WHAT IS EXPECTED: Below are the entries. Transcribe exactly the lines from the one with "module _ (policy" through the one with "peers_of [] = refl", ends included, and leave out all others.

----- EXTRACTED MATERIAL -----

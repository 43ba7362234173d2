-- ===== src/Replication/Ranked.antt =====
-- src/replication.rs, `rank_peers`: which peers it returns, and in which order.
use mathlib.Core.List.{Perm, Pairwise, Pairwise-singleton, Mem, mem-cons_self, exists_of_mem-map}
use mathlib.Core.List.Perm
use mathlib.Core.List.Pairwise
use mathlib.Core.Logic.{∥∥₁_elim, ∥∥₁_map}
use mathlib.Core.Bool.{Bool-set}
use soal.Base.{
  ℕ, ◌^◌, ◌<◌, ◌≤◌, ◌+◌, ◌≡◌, refl, sym, ap, ◌∙◌, subst, Bool, true, false, Bytes, List, [], ◌∷◌,
  map, ltb, Option, none, some, arith, Bool-cases, inl, inr, if◌then◌else◌, ltb_ℤ, ◌+ℤ◌, ℤ, pos,
  negsuc, pos_part, neg_part, +ℤ_parts, -ℤ_parts,
}
use soal.Content.{bytes_ltb_irrefl, bytes_ltb_trans, bytes_ltb_eq}
use soal.Policy.{VaultPolicy}
use soal.Map.{Map}
use soal.Replication.Scores.{
  PeerScore, before, insert_score, sort_scores, score_peer, total, recency, liveness, min_200,
  div_36, as_i64, secs_ago,
}
use soal.Replication.{PeerHave}

before_trans : (a b c : PeerScore) → before b a ≡ false → before c b ≡ false → before c a ≡ false
unfolding before
before_trans a b c h k = ground (
  arith,
  bytes_ltb_trans c.peer a.peer b.peer,
  bytes_ltb_trans a.peer b.peer c.peer,
  bytes_ltb_irrefl a.peer,
  bytes_ltb_irrefl b.peer,
  bytes_ltb_eq b.peer a.peer,
  bytes_ltb_eq c.peer b.peer,
  bytes_ltb_eq a.peer b.peer,
  bytes_ltb_eq b.peer c.peer,
  h,
  k,
)

before_asym : (a b : PeerScore) → before a b ≡ true → before b a ≡ false
unfolding before
before_asym a b h = ground (arith, bytes_ltb_trans a.peer b.peer a.peer, bytes_ltb_irrefl a.peer, h)

-- No peer is to stand before one that stands before it.
abbrev pub IsRanked : List PeerScore → Type 0
IsRanked = Pairwise (λ a b. before b a ≡ false)

insert-perm : (a : PeerScore) (l : List PeerScore) → Perm (insert_score a l) (a ∷ l)
unfolding insert_score
insert-perm a [] = Perm.rfl
insert-perm a (b ∷ l) = elim (Bool-cases (before b a)) [
  | inl p ↦ rw p (Perm.trans (Perm.cons b (insert-perm a l)) (Perm.swap a b l))
  | inr p ↦ rw p Perm.rfl
]

-- What stands behind a head stands behind what may stand before the head.
below_head :
    (a b : PeerScore) (l : List PeerScore)
    → before b a ≡ false
    → ((c : PeerScore) → Mem c l → before c b ≡ false)
    → (c : PeerScore) → Mem c (b ∷ l)
    → before c a ≡ false
below_head a b l p h =
    (mathlib.Core.List.forall_mem-cons (λ c. Bool-set _ _)).1
      (p, λ c m. before_trans a b c p (h c m))

insert-IsRanked : (a : PeerScore) {l : List PeerScore} → IsRanked l → IsRanked (insert_score a l)
unfolding insert_score
insert-IsRanked a Pairwise.nil = Pairwise-singleton _ a
insert-IsRanked a (Pairwise.cons {a = b} {l = l} below s) = elim (Bool-cases (before b a)) [
  | inl p ↦ rw p (
      Pairwise.cons
        (λ c m.
          (mathlib.Core.List.forall_mem-cons (λ x. Bool-set _ _)).1 (before_asym b a p, below) c
            ((Perm.mem_iff (insert-perm a l)).0 m))
        (insert-IsRanked a s))
  | inr p ↦ rw p (Pairwise.cons (below_head a b l p below) (Pairwise.cons below s))
]

pub sort-IsRanked : (l : List PeerScore) → IsRanked (sort_scores l)
unfolding sort_scores
sort-IsRanked [] = Pairwise.nil
sort-IsRanked (a ∷ l) = insert-IsRanked a (sort-IsRanked l)

pub sort-perm : (l : List PeerScore) → Perm (sort_scores l) l
unfolding sort_scores
sort-perm [] = Perm.rfl
sort-perm (a ∷ l) = Perm.trans (insert-perm a (sort_scores l)) (Perm.cons a (sort-perm l))

-- The bounds of the summands.
recency_bounds :
    (now : ℕ) (t : Option ℕ)
    → now < 2 ^ 63
    → (pos_part (recency (secs_ago now t)) ≤ 100) × (neg_part (recency (secs_ago now t)) ≤ 100)
unfolding recency secs_ago
recency_bounds now none h = (omega arith, omega arith)
recency_bounds now (some t) h = unfold min_200 div_36 as_i64 soal.Base.◌-ℤ◌ in ground arith

liveness_bounds : (o : Option Bool) → (pos_part (liveness o) ≤ 200) × (neg_part (liveness o) ≤ 300)
unfolding liveness
liveness_bounds none = (omega arith, omega arith)
liveness_bounds (some true) = (omega arith, omega arith)
liveness_bounds (some false) = (omega arith, omega arith)

-- A preferred peer's score is above that of any other.
prefers :
    (now : ℕ) (s t : Option ℕ) (al al' : Option Bool) (h h' b c : Bool)
    → now < 2 ^ 63
    → b ≡ true
    → c ≡ false
    → ltb_ℤ (total c (secs_ago now t) al' h') (total b (secs_ago now s) al h) ≡ true
unfolding total
prefers now s t al al' h h' false c small e k = cc
prefers now s t al al' h h' true true small e k = cc
prefers now s t al al' h h' true false small _ _ =
    let (a, b) = recency_bounds now s small in
    let (c, d) = recency_bounds now t small in
    let (e, f) = liveness_bounds al in
    let (g, i) = liveness_bounds al' in
    gap (recency (secs_ago now s)) (recency (secs_ago now t)) (liveness al) (liveness al') h h' b c
      f g
  where
    gap :
        (x y u v : ℤ) (k l : Bool)
        → neg_part x ≤ 100
        → pos_part y ≤ 100
        → neg_part u ≤ 300
        → pos_part v ≤ 200
        → ltb_ℤ
            (pos 0 +ℤ y +ℤ v +ℤ (if l then pos 50 else pos 0))
            (pos 1000 +ℤ x +ℤ u +ℤ (if k then pos 50 else pos 0))
          ≡ true
    gap x y u v k l p q r s = ground (
      arith,
      +ℤ_parts (pos 0) y,
      +ℤ_parts (pos 0 +ℤ y) v,
      +ℤ_parts (pos 0 +ℤ y +ℤ v) (if l then pos 50 else pos 0),
      +ℤ_parts (pos 1000) x,
      +ℤ_parts (pos 1000 +ℤ x) u,
      +ℤ_parts (pos 1000 +ℤ x +ℤ u) (if k then pos 50 else pos 0),
    )

higher : (a b : PeerScore) → ltb_ℤ b.score a.score ≡ true → before a b ≡ true
unfolding before
higher a b h = rw h

abbrev pub Yields : PeerScore → PeerScore → Type 0
Yields a b = b.preferred ≡ true → a.preferred ≡ true

module _ (policy : VaultPolicy) (last_seen : Map ℕ) (peer_alive : Map Bool) (now : ℕ)
    (have : PeerHave) (head_hex : Bytes) where
  abbrev scored : Bytes → PeerScore
  scored = score_peer policy last_seen peer_alive now have head_hex

  yields :
      now < 2 ^ 63
      → (p q : Bytes) → before (scored q) (scored p) ≡ false
      → Yields (scored p) (scored q)
  unfolding score_peer
  yields small p q h e = elim (Bool-cases (scored p).preferred) [
    | inl y ↦ y
    | inr n ↦ absurd (clash (higher (scored q) (scored p) (prefers now _ _ _ _ _ _ _ _ small e n)))
  ]
    where
      clash : before (scored q) (scored p) ≡ true → ⊥
      clash k = cc

  peers_of : (peers : List Bytes) → map (λ s. s.peer) (map scored peers) ≡ peers
  unfolding score_peer
  peers_of [] = refl
  peers_of (p ∷ peers) = ap (λ t. p ∷ t) (peers_of peers)

  Scored : PeerScore → Type 0
  Scored a = ∥ ((q : Bytes) × (scored q ≡ a)) ∥₁

  Scored-Yields :
      now < 2 ^ 63 → (a b : PeerScore) → Scored a → Scored b → before b a ≡ false → Yields a b
  unfolding Scored
  Scored-Yields small a b s t h e = ∥∥₁_elim s (Bool-set _ _) (λ (p, u).
      ∥∥₁_elim t (Bool-set _ _) (λ (q, v).
        subst (λ (x : PeerScore). x.preferred ≡ true) u
          (yields small p q
            (subst (λ (x : PeerScore). before x (scored p) ≡ false) (sym v)
              (subst (λ (x : PeerScore). before b x ≡ false) (sym u) h))
            (subst (λ (x : PeerScore). x.preferred ≡ true) (sym v) e))))

  -- What `rank_peers` makes of its peers.
  abbrev pub ranking : List Bytes → List PeerScore
  ranking peers = sort_scores (map scored peers)

  ranking-Scored : (peers : List Bytes) (a : PeerScore) → Mem a (ranking peers) → Scored a
  unfolding Scored
  ranking-Scored peers a m =
      ∥∥₁_map (exists_of_mem-map ((Perm.mem_iff (sort-perm (map scored peers))).0 m))
        (λ (q, _, e). (q, e))

  pub ranking-Yields : now < 2 ^ 63 → (peers : List Bytes) → Pairwise Yields (ranking peers)
  ranking-Yields small peers =
      Pairwise.imp_of_mem
        (λ a b m n h.
          Scored-Yields small a b (ranking-Scored peers a m) (ranking-Scored peers b n) h)
        (sort-IsRanked (map scored peers))

  pub ranking-perm : (peers : List Bytes) → Perm (map (λ s. s.peer) (ranking peers)) peers
  ranking-perm peers =
      subst (Perm _) (peers_of peers) (Perm.map (λ s. s.peer) (sort-perm (map scored peers)))

  pub ranking-IsRanked : (peers : List Bytes) → IsRanked (ranking peers)
  ranking-IsRanked peers = sort-IsRanked (map scored peers)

-----

WORKED SOLUTION:
module _ (policy : VaultPolicy) (last_seen : Map ℕ) (peer_alive : Map Bool) (now : ℕ)
    (have : PeerHave) (head_hex : Bytes) where
  abbrev scored : Bytes → PeerScore
  scored = score_peer policy last_seen peer_alive now have head_hex

  yields :
      now < 2 ^ 63
      → (p q : Bytes) → before (scored q) (scored p) ≡ false
      → Yields (scored p) (scored q)
  unfolding score_peer
  yields small p q h e = elim (Bool-cases (scored p).preferred) [
    | inl y ↦ y
    | inr n ↦ absurd (clash (higher (scored q) (scored p) (prefers now _ _ _ _ _ _ _ _ small e n)))
  ]
    where
      clash : before (scored q) (scored p) ≡ true → ⊥
      clash k = cc

  peers_of : (peers : List Bytes) → map (λ s. s.peer) (map scored peers) ≡ peers
  unfolding score_peer
  peers_of [] = refl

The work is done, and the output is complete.